2. Too many conversations about what big data can achieve are being had away from actual human experience, the details of which they purport to capture. There are indeed commercial examples where mining multiple data sets has revealed information that can be usefully fed directly into strategy. But the following example also shows what happens when context-rich, qualitative analysis is substituted completely. This New York Times piece relates to U.S. retail giant Target’s big data strategy, in which it used the technology to (accurately) predict and identify pregnant customers – the demographic most open to changing their buying habits statistically and therefore most receptive to sales pitches – the company believed. Once identified, these customers were plied with various offers and discount vouchers through the post.
Unfortunately for Target, its quantitative accuracy literally left the human out of the equation: the retailer’s initial enthusiasm at success was dampened when the father of a customer still at high school angrily protested to the company for sending his daughter shopping vouchers for baby items. It turned out that Target had gained knowledge of the girl’s pregnancy before her parents did. But the company ultimately confused knowing about customers with knowing them.
ZN for one has advocated the need for clients and businesses in general to keep authenticity at the forefront of their dealings with their stakeholders for some time. Customers are demanding it in their everyday experiences and increasingly in their commercial transactions. Without it, you cannot truly engage with the customer now. And it won’t be achieved by compiling data about them, without ever entering their world.
3. There’s a sense of entitlement among some companies that the data is theirs for the taking.

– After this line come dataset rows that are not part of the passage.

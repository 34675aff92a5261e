-- ===== src/TimerQueue/Running.antt =====
-- TimerQueue: what holds of the timers while `handleRead` has some of them in hand, and that adding,
-- cancelling, restarting and deleting a timer keep it.
use mynuduo.Base.{ℕ, ◌<◌, ◌≡◌, refl, false, ◌&&◌, ◌||◌, List, [], ◌∷◌, ◌==◌, arith}
use mynuduo.TimerQueue.{
  Seconds, TimerQueue, Timer, TimerId, Entry, update, insert, delete, has_id, id_of,
}
use mynuduo.TimerQueue.Order.{Each, IsSorted, IsAddr, insert_entry-IsSorted, insert_entry-Each}
use mynuduo.TimerQueue.Store.{
  has_addr, is_in, Distinct, has_addr-insert_entry, insert_entry-Distinct, is_in-remove_addr,
  has_id-insert_id,
}

module _ (s : Seconds) where
  -- An entry bears the time that its timer has in memory.
  abbrev pub IsTimed : (ℕ → Timer s) → Entry → Type 0
  IsTimed m e = (m e.addr).expiration ≡ e.when

  -- The timers of `es` have been taken out of `timers_` and are neither put back nor deleted yet. The
  -- others are in order, each once and at the time that it has in memory; `activeTimers_` has exactly
  -- these; and memory holds exactly these and those of `es`.
  pub record Running (es : List Entry) (q : TimerQueue s) : Type 0 where
    pub sorted : IsSorted q.timers
    pub distinct : Distinct q.timers
    pub timed : Each (IsTimed q.memory) q.timers
    pub valid : Each (λ e. 0 < e.when) q.timers
    pub real : Each IsAddr q.timers
    pub in_hand : Distinct es
    pub real_in_hand : Each IsAddr es
    pub apart : (a : ℕ) → (has_addr a q.timers && has_addr a es) ≡ false
    pub live : (a : ℕ) → is_in a q.live ≡ (has_addr a q.timers || has_addr a es)
    pub active :
        (i : TimerId)
        → has_id i q.active ≡ (has_addr i.addr q.timers && (q.memory i.addr).sequence == i.sequence)

  pub update-Each :
      (m : ℕ → Timer s) (a : ℕ) (t : Timer s) (xs : List Entry)
      → has_addr a xs ≡ false
      → Each (IsTimed m) xs
      → Each (IsTimed (update s m a t)) xs
  unfolding has_addr
  update-Each m a t [] h v = tt
  update-Each m a t (x ∷ xs) h v = (ground (arith, v.0), update-Each m a t xs (ground arith) v.1)

  pub hand_fresh :
      (e : Entry) {es : List Entry} {q : TimerQueue s}
      → Running (e ∷ es) q
      → has_addr e.addr q.timers ≡ false
  unfolding has_addr
  hand_fresh e v = ground (arith, v.apart e.addr)

  -- A timer in hand may be written to.
  pub write-Running :
      (e : Entry) (t : Timer s) {es : List Entry} {q : TimerQueue s}
      → Running (e ∷ es) q
      → Running (e ∷ es) (record q { memory = update s q.memory e.addr t })
  write-Running e t {es} {q} v =
      let out = hand_fresh e v in
      record {
        sorted = v.sorted;
        distinct = v.distinct;
        timed = update-Each q.memory e.addr t q.timers out v.timed;
        valid = v.valid;
        real = v.real;
        in_hand = v.in_hand;
        real_in_hand = v.real_in_hand;
        apart = v.apart;
        live = v.live;
        active = λ i. ground (arith, v.active i, out);
      }

  -- A timer in hand with a valid time may be put back.
  pub insert-Running :
      (e : Entry) {es : List Entry} {q : TimerQueue s}
      → Running (e ∷ es) q
      → 0 < (q.memory e.addr).expiration
      → Running es (insert s e.addr q).1
  unfolding insert has_addr
  insert-Running e {es} {q} v soon =
      let out = hand_fresh e v in
      let x : Entry = record { when = (q.memory e.addr).expiration; addr = e.addr } in
      record {
        sorted = insert_entry-IsSorted x q.timers v.sorted;
        distinct = insert_entry-Distinct x q.timers out v.distinct;
        timed = insert_entry-Each (IsTimed q.memory) x q.timers refl v.timed;
        valid = insert_entry-Each (λ e. 0 < e.when) x q.timers soon v.valid;
        real = insert_entry-Each IsAddr x q.timers v.real_in_hand.0 v.real;
        in_hand = v.in_hand.1;
        real_in_hand = v.real_in_hand.1;
        apart = λ a. ground (arith, has_addr-insert_entry a x q.timers out, v.apart a, v.in_hand.0);
        live = λ a. ground (arith, has_addr-insert_entry a x q.timers out, v.live a);
        active = λ i. ground (
          arith,
          has_id-insert_id (id_of s q e.addr) i q.active,
          has_addr-insert_entry i.addr x q.timers out,
          v.active i,
          out,
        );
      }

  -- A timer in hand may be deleted.
  pub delete-Running :
      (e : Entry) {es : List Entry} {q : TimerQueue s}
      → Running (e ∷ es) q
      → Running es (delete s e.addr q)
  unfolding delete has_addr
  delete-Running e {es} {q} v = record {
    sorted = v.sorted;
    distinct = v.distinct;
    timed = v.timed;
    valid = v.valid;
    real = v.real;
    in_hand = v.in_hand.1;
    real_in_hand = v.real_in_hand.1;
    apart = λ a. ground (arith, v.apart a);
    live = λ a. ground (arith, is_in-remove_addr a e.addr q.live, v.live a, v.apart a, v.in_hand.0);
    active = v.active;
  }
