-- ===== src/TimerQueue/Steps.antt =====
-- TimerQueue: the operations that callbacks and `reset` use, on timers of which some are in hand.
use mynuduo.Base.{if_rule, ℕ, ◌<◌, ◌≡◌, Bool, false, not, ◌&&◌, Option, List, [], ◌∷◌, arith}
use mynuduo.TimerQueue.{
  Alarm, Seconds, TimerQueue, TimerId, Entry, insert, arm, new_timer, add_timer_in_loop, add_timer,
  cancel_in_loop, delete, has_id, id_of, restart, add_time, reset_one, reset_all, addr_max,
}
use mynuduo.TimerQueue.Order.{Each, Each-mono, IsAddr, erase_entry-IsSorted, erase_entry-Each}
use mynuduo.TimerQueue.Store.{
  has_addr, is_in, Bears, has_addr-erase_entry, erase_entry-Distinct, is_in-remove_addr,
  has_id-erase_id,
}
use mynuduo.TimerQueue.Running.{
  Running, IsTimed, update-Each, write-Running, insert-Running, delete-Running,
}

module _ (s : Seconds) where
  -- The timerfd and the marks of `handleRead` do not matter.
  pub marks-Running :
      (armed : Option Alarm) (calling : Bool) (canceling : List TimerId) {es : List Entry}
      {q : TimerQueue s}
      → Running s es q
      → Running s es (record q { armed = armed; calling = calling; canceling = canceling })
  marks-Running armed calling canceling v = record {
    sorted = v.sorted;
    distinct = v.distinct;
    timed = v.timed;
    valid = v.valid;
    real = v.real;
    in_hand = v.in_hand;
    real_in_hand = v.real_in_hand;
    apart = v.apart;
    live = v.live;
    active = v.active;
  }

  -- `new Timer`, at an address where none is alive.
  new_timer-Running :
      (a when : ℕ) (interval : s.Double) {es : List Entry} {q : TimerQueue s}
      → Running s es q
      → is_in a q.live ≡ false
      → a < addr_max
      → Running s (record { when = when; addr = a } ∷ es) (new_timer s a when interval q)
  unfolding new_timer has_addr is_in
  new_timer-Running a when interval {es} {q} v unused below =
      let out : has_addr a q.timers ≡ false = ground (arith, v.live a) in
      let out_hand : has_addr a es ≡ false = ground (arith, v.live a) in
      record {
        sorted = v.sorted;
        distinct = v.distinct;
        timed = update-Each s q.memory a _ q.timers out v.timed;
        valid = v.valid;
        real = v.real;
        in_hand = (out_hand, v.in_hand);
        real_in_hand = (below, v.real_in_hand);
        apart = λ b. ground (arith, v.apart b, out);
        live = λ b. ground (arith, v.live b);
        active = λ i. ground (arith, v.active i, out);
      }

  add_timer_in_loop-Running :
      (clock : ℕ) (e : Entry) {es : List Entry} {q : TimerQueue s}
      → Running s (e ∷ es) q
      → 0 < (q.memory e.addr).expiration
      → Running s es (add_timer_in_loop s clock e.addr q)
  unfolding add_timer_in_loop arm
  add_timer_in_loop-Running clock e {es} {q} v soon =
      let w = insert-Running s e v soon in
      if_rule (Running s es) (insert s e.addr q).0 (λ _. marks-Running _ _ _ w) λ _. w

  -- `addTimer` on the loop's thread, of a valid time and at an unused address of the machine, keeps
  -- the timers in order, also from a callback while some are in hand.
  pub add_timer-Running :
      (clock a when : ℕ) (interval : s.Double) {es : List Entry} {q : TimerQueue s}
      → Running s es q
      → is_in a q.live ≡ false
      → a < addr_max
      → 0 < when
      → Running s es (add_timer s clock a when interval q).1
  unfolding add_timer
  add_timer-Running clock a when interval {es} {q} v unused below soon =
      add_timer_in_loop-Running clock (record { when = when; addr = a })
        (new_timer-Running a when interval v unused below) (ground arith)

  -- `cancelInLoop` of any id keeps the timers in order, also from a callback.
  pub cancel_in_loop-Running :
      (i : TimerId) {es : List Entry} {q : TimerQueue s}
      → Running s es q
      → Running s es (cancel_in_loop s i q)
  unfolding cancel_in_loop delete
  cancel_in_loop-Running i {es} {q} v =
      if_rule (Running s es) (has_id i q.active)
        (λ known.
          let x : Entry = record { when = (q.memory i.addr).expiration; addr = i.addr } in
          let bears : Each (Bears x) q.timers =
            Each-mono (IsTimed s q.memory) (Bears x) q.timers (λ y e same. ground arith) v.timed in
          record {
            sorted = erase_entry-IsSorted x q.timers v.sorted;
            distinct = erase_entry-Distinct x q.timers bears v.distinct;
            timed = erase_entry-Each (IsTimed s q.memory) x q.timers v.timed;
            valid = erase_entry-Each (λ e. 0 < e.when) x q.timers v.valid;
            real = erase_entry-Each IsAddr x q.timers v.real;
            in_hand = v.in_hand;
            real_in_hand = v.real_in_hand;
            apart =
                λ a. ground (arith, has_addr-erase_entry a x q.timers bears v.distinct, v.apart a);
            live = λ a. ground (
              arith,
              has_addr-erase_entry a x q.timers bears v.distinct,
              v.apart a,
              v.live a,
              is_in-remove_addr a i.addr q.live,
              v.active i,
            );
            active = λ j. ground (
              arith,
              has_addr-erase_entry j.addr x q.timers bears v.distinct,
              v.active j,
              v.active i,
              has_id-erase_id i j q.active,
            );
          })
        λ _. if_rule (Running s es) q.calling (λ _. marks-Running _ _ _ v) λ _. v

  pub reset_one-Running :
      (now : ℕ) (e : Entry) {es : List Entry} {q : TimerQueue s}
      → 0 < now
      → Running s (e ∷ es) q
      → Running s es (reset_one s now e q)
  unfolding reset_one restart add_time
  reset_one-Running now e {es} {q} pos v =
      if_rule (Running s es)
        ((q.memory e.addr).repeat && not (has_id (id_of s q e.addr) q.canceling))
        (λ again. insert-Running s e (write-Running s e _ v) (ground arith))
        λ _. delete-Running s e v

  pub reset_all-Running :
      (now : ℕ) (es : List Entry) {q : TimerQueue s}
      → 0 < now
      → Running s es q
      → Running s [] (reset_all s now es q)
  unfolding reset_all
  reset_all-Running now [] pos v = v
  reset_all-Running now (e ∷ es) pos v =
      reset_all-Running now es pos (reset_one-Running now e pos v)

For them, there is no hesitation that the data is there to be harvested and in some cases sold on, with precious few discussions about privacy, ownership or the need for negotiation with those to whom the data relates. Engagement with the people rather than just their data proxies, would reveal that there are two types of customer – those for whom privacy is paramount and non-negotiable, and those willing to trade their data to varying degrees.
The creepiness factor in the Target example stems from the fact that customers are often unaware of companies’ ability to track, predict and reveal their behaviour, and with such precision (of course those supermarket rewards cards have been around for ages…). In Target’s case it was to sell more nappies and baby shampoo. With other firms or government bodies, their motivations could be far more unsettling.
Private vs. public
The issue of what personal data should be freely available has come to the fore in recent weeks, after the European Court of Justice backed individuals’ right to be forgotten online. This means that, at the subject’s request, search engines like Google and Bing must remove outdated or “irrelevant” information about them. Altering “history” so to speak.
It’s another classic case of the law falling woefully behind innovation… but it also illustrates the fine balance businesses must keep so as not to be corrupted by the immense knowledge-led power they are beginning to possess. Legal ramifications aside, what will it all matter if you lose your customer’s trust? Is it worth losing everything?